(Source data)

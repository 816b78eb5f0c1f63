-- ===== src/Constants/Layout.antt =====
-- The virtual address space: addresses are built from and taken apart into table indices, and the
-- regions of the layout do not overlap.
use steelmind_os.Base.{
  ℕ, ◌+◌, ◌*◌, ◌/◌, ◌%◌, ◌^◌, ◌-◌, ◌≤◌, ◌<◌, ◌≡◌, refl, arith, lt→ltb, ok, or_sum, and_mask,
}
use steelmind_os.Constants.{
  build_addr, print_addr, kernel_start, kernel_dynamic_start, kernel_dynamic_end, kernel_heap_start,
  kernel_ap_stacks, kernel_end, user_start, user_stack_start, user_heap_start, user_end,
  kernel_stack_size, user_stack_size, max_cores,
}

build_addr-sum :
    (l4 l3 l2 l1 offset : ℕ)
    → l4 < 512
    → l3 < 512
    → l2 < 512
    → l1 < 512
    → offset < 4096
    → build_addr l4 l3 l2 l1 offset
      ≡ ok (l4 * 2 ^ 39 + l3 * 2 ^ 30 + l2 * 2 ^ 21 + l1 * 2 ^ 12 + offset)
unfolding build_addr
build_addr-sum l4 l3 l2 l1 offset h4 h3 h2 h1 h0 = rw (
  lt→ltb l4 512 h4,
  lt→ltb l3 512 h3,
  lt→ltb l2 512 h2,
  lt→ltb l1 512 h1,
  lt→ltb offset 4096 h0,
  or_sum 39 (l4 * 2 ^ 39) (l3 * 2 ^ 30) (omega arith) (omega arith),
  or_sum 30 (l4 * 2 ^ 39 + l3 * 2 ^ 30) (l2 * 2 ^ 21) (omega arith) (omega arith),
  or_sum 21 (l4 * 2 ^ 39 + l3 * 2 ^ 30 + l2 * 2 ^ 21) (l1 * 2 ^ 12) (omega arith) (omega arith),
  or_sum 12 (l4 * 2 ^ 39 + l3 * 2 ^ 30 + l2 * 2 ^ 21 + l1 * 2 ^ 12) offset (omega arith)
      (omega arith),
)

print_addr-digits :
    (a : ℕ)
    → print_addr a ≡ record {
      l4 = a / 2 ^ 12 / 2 ^ 9 / 2 ^ 9 / 2 ^ 9 % 2 ^ 9;
      l3 = a / 2 ^ 12 / 2 ^ 9 / 2 ^ 9 % 2 ^ 9;
      l2 = a / 2 ^ 12 / 2 ^ 9 % 2 ^ 9;
      l1 = a / 2 ^ 12 % 2 ^ 9;
      offset = a % 2 ^ 12;
    }
unfolding print_addr
print_addr-digits a = rw (
  and_mask 9 (a / 2 ^ 12 / 2 ^ 9 / 2 ^ 9 / 2 ^ 9),
  and_mask 9 (a / 2 ^ 12 / 2 ^ 9 / 2 ^ 9),
  and_mask 9 (a / 2 ^ 12 / 2 ^ 9),
  and_mask 9 (a / 2 ^ 12),
  and_mask 12 a,
)

-- An address built from indices below their limits is printed with these indices, and is below 2^48.
pub print_addr-build_addr :
    (l4 l3 l2 l1 offset : ℕ)
    → l4 < 512
    → l3 < 512
    → l2 < 512
    → l1 < 512
    → offset < 4096
    → (a : ℕ) × (build_addr l4 l3 l2 l1 offset ≡ ok a)
      × (print_addr a ≡ record { l4 = l4; l3 = l3; l2 = l2; l1 = l1; offset = offset })
      × (a < 2 ^ 48)
print_addr-build_addr l4 l3 l2 l1 offset h4 h3 h2 h1 h0 =
    let a = l4 * 2 ^ 39 + l3 * 2 ^ 30 + l2 * 2 ^ 21 + l1 * 2 ^ 12 + offset in
    let d1 : a / 2 ^ 12 ≡ l4 * 2 ^ 27 + l3 * 2 ^ 18 + l2 * 2 ^ 9 + l1 = omega arith in
    let d2 : a / 2 ^ 12 / 2 ^ 9 ≡ l4 * 2 ^ 18 + l3 * 2 ^ 9 + l2 = omega arith in
    let d3 : a / 2 ^ 12 / 2 ^ 9 / 2 ^ 9 ≡ l4 * 2 ^ 9 + l3 = omega arith in
    let e4 : a / 2 ^ 12 / 2 ^ 9 / 2 ^ 9 / 2 ^ 9 % 2 ^ 9 ≡ l4 = omega (arith, d3) in
    let e3 : a / 2 ^ 12 / 2 ^ 9 / 2 ^ 9 % 2 ^ 9 ≡ l3 = omega (arith, d3) in
    let e2 : a / 2 ^ 12 / 2 ^ 9 % 2 ^ 9 ≡ l2 = omega (arith, d2) in
    let e1 : a / 2 ^ 12 % 2 ^ 9 ≡ l1 = omega (arith, d1) in
    let e0 : a % 2 ^ 12 ≡ offset = omega arith in
    (
      a,
      build_addr-sum l4 l3 l2 l1 offset h4 h3 h2 h1 h0,
      rw (print_addr-digits a, e4, e3, e2, e1, e0) refl,
      omega arith,
    )

-- The regions of the layout stand one after the other: the user's stack and heap, then the kernel's
-- image, dynamic range and heap, and the stacks of the other cores, which 255 stacks with their guard
-- pages do not fill.
pub regions-ordered :
    (user_start ≤ user_stack_start)
    × (user_stack_start + user_stack_size ≤ user_heap_start)
    × (user_heap_start < user_end)
    × (user_end ≤ kernel_start)
    × (kernel_start < kernel_dynamic_start)
    × (kernel_dynamic_start < kernel_dynamic_end)
    × (kernel_dynamic_end ≤ kernel_heap_start)
    × (kernel_heap_start < kernel_ap_stacks)
    × (kernel_ap_stacks + (max_cores - 1) * (kernel_stack_size + 4096) ≤ kernel_end)
unfolding kernel_start kernel_dynamic_start kernel_dynamic_end kernel_heap_start kernel_ap_stacks
    kernel_end user_start user_stack_start user_heap_start user_end
regions-ordered = (
  omega arith,
  omega arith,
  omega arith,
  omega arith,
  omega arith,
  omega arith,
  omega arith,
  omega arith,
  omega arith,
)
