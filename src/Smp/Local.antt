-- ===== src/Smp/Local.antt =====
-- kernel/src/smp.rs: the data that each core keeps for itself, found by the core's APIC id.
use steelmind_os.Base.{
  ℕ, ltb, if◌then◌else◌, Option, none, some, Checked, ok, panic, ◌>>=◌, unwrap, put,
}
use steelmind_os.Constants.{max_cores}

-- `A`, `F` and `S` stand for the data of a running application, a callback, and the values in `stuff`.
pub record CoreLocalData (A F S : Type 0) : Type 0 where
  pub running_application_data : Option A
  pub cpu_index : ℕ
  pub apic_timer_ticks_per_second : Option ℕ
  pub apic_timer_interrupt_function : Option F
  pub stuff : Option S

-- `CORE_LOCAL`: the cells, one for each APIC id below `max_cores`; an empty cell is `none`.
abbrev pub Cells : Type 0 → Type 0 → Type 0 → Type 0
Cells A F S = ℕ → Option (CoreLocalData A F S)

module _ {A F S : Type 0} where
  abbrev pub default_data : CoreLocalData A F S
  default_data = record {
    running_application_data = none;
    cpu_index = 0;
    apic_timer_ticks_per_second = none;
    apic_timer_interrupt_function = none;
    stuff = none;
  }

  -- `CORE_LOCAL[i]`
  unfoldable pub cell : ℕ → Cells A F S → Checked (Option (CoreLocalData A F S))
  cell i cells = if ltb i max_cores then ok (cells i) else panic

  -- `get_or_init`: a cell that is set keeps its value.
  unfoldable pub initialize_own_core_local_data :
      (apic_id : ℕ) → CoreLocalData A F S → Cells A F S → Checked (Cells A F S)
  unfolding cell
  initialize_own_core_local_data apic_id core_local_data cells = do
    c ← cell apic_id cells
    ok (elim c [ some d ↦ cells | none ↦ put cells apic_id (some core_local_data) ])

  unfoldable pub get_cld : (apic_id : ℕ) → Cells A F S → Checked (CoreLocalData A F S)
  unfolding cell
  get_cld apic_id cells = do c ← cell apic_id cells; unwrap c

  unfoldable pub cpu_index : (apic_id : ℕ) → Cells A F S → Checked ℕ
  unfolding get_cld
  cpu_index apic_id cells = do d ← get_cld apic_id cells; ok d.cpu_index

  -- For exception handlers: the APIC may not have been found yet.
  unfoldable pub try_get_cld :
      (try_get_apic : Option ℕ) → Cells A F S → Checked (Option (CoreLocalData A F S))
  unfolding cell
  try_get_cld none cells = ok none
  try_get_cld (some apic_id) cells = cell apic_id cells
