-- ===== src/Interrupts.antt =====
-- kernel/src/interrupts.rs: the two old interrupt controllers, the handlers, and the tables of the other cores.
pub mod Controllers
pub mod Vectors
mod Examples
use steelmind_os.Base.{
  ◌>>=◌, ℕ, ◌-◌, ◌==◌, ltb, if◌then◌else◌, Option, none, some, List, [], ◌∷◌, Checked, ok, panic,
}
use steelmind_os.Base.Ports.{Io, port_write, ◌>>◌}
use steelmind_os.Constants.{max_cores}
use steelmind_os.Apic.Registers.{signal_end_of_interrupt}
use steelmind_os.Smp.Local.{Cells, get_cld}

unfoldable pub remap_and_disable_pic : (offset1 offset2 : ℕ) → Io (Unit {0})
remap_and_disable_pic offset1 offset2 =
    port_write 0x20 0x11
    >> port_write 0x80 0
    >> port_write 0xA0 0x11
    >> port_write 0x80 0
    >> port_write 0x21 offset1
    >> port_write 0x80 0
    >> port_write 0xA1 offset2
    >> port_write 0x80 0
    >> port_write 0x21 4
    >> port_write 0x80 0
    >> port_write 0xA1 2
    >> port_write 0x80 0
    >> port_write 0x21 0x01
    >> port_write 0x80 0
    >> port_write 0xA1 0x01
    >> port_write 0x80 0
    >> port_write 0x21 0xff
    >> port_write 0xA1 0xff

-- `AP_GDT` has an entry for each core but the first: the number of the entry that a core loads. With it go
-- its task state and the stack for double faults; an index beyond the end panics.
unfoldable pub init_gdt_and_exceptions_ap : (ap_index : ℕ) → Checked ℕ
init_gdt_and_exceptions_ap ap_index = if ltb ap_index (max_cores - 1) then ok ap_index else panic

-- The functions that `IDT` refers to. Those of the macros panic with a report; `interrupt_handler_ec` takes an
-- error code.
pub data Handler : Type 0 where
  interrupt_handler interrupt_handler_ec : Handler
  page_fault_handler timer_interrupt breakpoint_handler : Handler
  double_fault_handler : (stack_index : ℕ) → Handler

-- The entries that are set, with the vectors of the crate's names for them.
abbrev pub entries : List (ℕ × Handler)
entries =
    (17, interrupt_handler_ec)
    ∷  -- `alignment_check`
        (5, interrupt_handler)
    ∷  -- `bound_range_exceeded`
        (21, interrupt_handler_ec)
    ∷  -- `cp_protection_exception`
        (7, interrupt_handler)
    ∷  -- `device_not_available`
        (0, interrupt_handler)
    ∷  -- `divide_error`
        (13, interrupt_handler_ec)
    ∷  -- `general_protection_fault`
        (28, interrupt_handler)
    ∷  -- `hv_injection_exception`
        (6, interrupt_handler)
    ∷  -- `invalid_opcode`
        (10, interrupt_handler_ec)
    ∷  -- `invalid_tss`
        (2, interrupt_handler)
    ∷  -- `non_maskable_interrupt`
        (4, interrupt_handler)
    ∷  -- `overflow`
        (30, interrupt_handler_ec)
    ∷  -- `security_exception`
        (11, interrupt_handler_ec)
    ∷  -- `segment_not_present`
        (19, interrupt_handler)
    ∷  -- `simd_floating_point`
        (12, interrupt_handler_ec)
    ∷  -- `stack_segment_fault`
        (20, interrupt_handler)
    ∷  -- `virtualization`
        (29, interrupt_handler_ec)
    ∷  -- `vmm_communication_exception`
        (16, interrupt_handler)
    ∷  -- `x87_floating_point`
        (14, page_fault_handler)
    ∷ (8, double_fault_handler 0)
    ∷ (32, timer_interrupt)
    ∷ (3, breakpoint_handler)
    ∷ []

lookup : ℕ → List (ℕ × Handler) → Option Handler
lookup v [] = none
lookup v ((n, h) ∷ rest) = if v == n then some h else lookup v rest

unfoldable pub idt : (vector : ℕ) → Option Handler
unfolding lookup
idt vector = lookup vector entries

-- The handler of the timer, on a core with the given local APIC; `call` runs a callback.
unfoldable pub handle_timer :
    {A F S : Type 0} (call : F → Io (Unit {0})) (apic_id apic : ℕ)
    → Cells A F S
    → Checked (Io (Unit {0}))
unfolding get_cld
handle_timer call apic_id apic cells = do
  cld ← get_cld apic_id cells
  ok (elim cld.apic_timer_interrupt_function [
    | some callback ↦ call callback >> signal_end_of_interrupt apic
    | none ↦ signal_end_of_interrupt apic
  ])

» **EXERCISE PROMPT**: Retype only the stretch of lines above starting at the one with "pub mod Vectors" and stopping at the one with "-- The functions", exactly as written, with both kept.

» **TASK RESPONSE**:
pub mod Vectors
mod Examples
use steelmind_os.Base.{
  ◌>>=◌, ℕ, ◌-◌, ◌==◌, ltb, if◌then◌else◌, Option, none, some, List, [], ◌∷◌, Checked, ok, panic,
}
use steelmind_os.Base.Ports.{Io, port_write, ◌>>◌}
use steelmind_os.Constants.{max_cores}
use steelmind_os.Apic.Registers.{signal_end_of_interrupt}
use steelmind_os.Smp.Local.{Cells, get_cld}

unfoldable pub remap_and_disable_pic : (offset1 offset2 : ℕ) → Io (Unit {0})
remap_and_disable_pic offset1 offset2 =
    port_write 0x20 0x11
    >> port_write 0x80 0
    >> port_write 0xA0 0x11
    >> port_write 0x80 0
    >> port_write 0x21 offset1
    >> port_write 0x80 0
    >> port_write 0xA1 offset2
    >> port_write 0x80 0
    >> port_write 0x21 4
    >> port_write 0x80 0
    >> port_write 0xA1 2
    >> port_write 0x80 0
    >> port_write 0x21 0x01
    >> port_write 0x80 0
    >> port_write 0xA1 0x01
    >> port_write 0x80 0
    >> port_write 0x21 0xff
    >> port_write 0xA1 0xff

-- `AP_GDT` has an entry for each core but the first: the number of the entry that a core loads. With it go
-- its task state and the stack for double faults; an index beyond the end panics.
unfoldable pub init_gdt_and_exceptions_ap : (ap_index : ℕ) → Checked ℕ
init_gdt_and_exceptions_ap ap_index = if ltb ap_index (max_cores - 1) then ok ap_index else panic

-- The functions that `IDT` refers to. Those of the macros panic with a report; `interrupt_handler_ec` takes an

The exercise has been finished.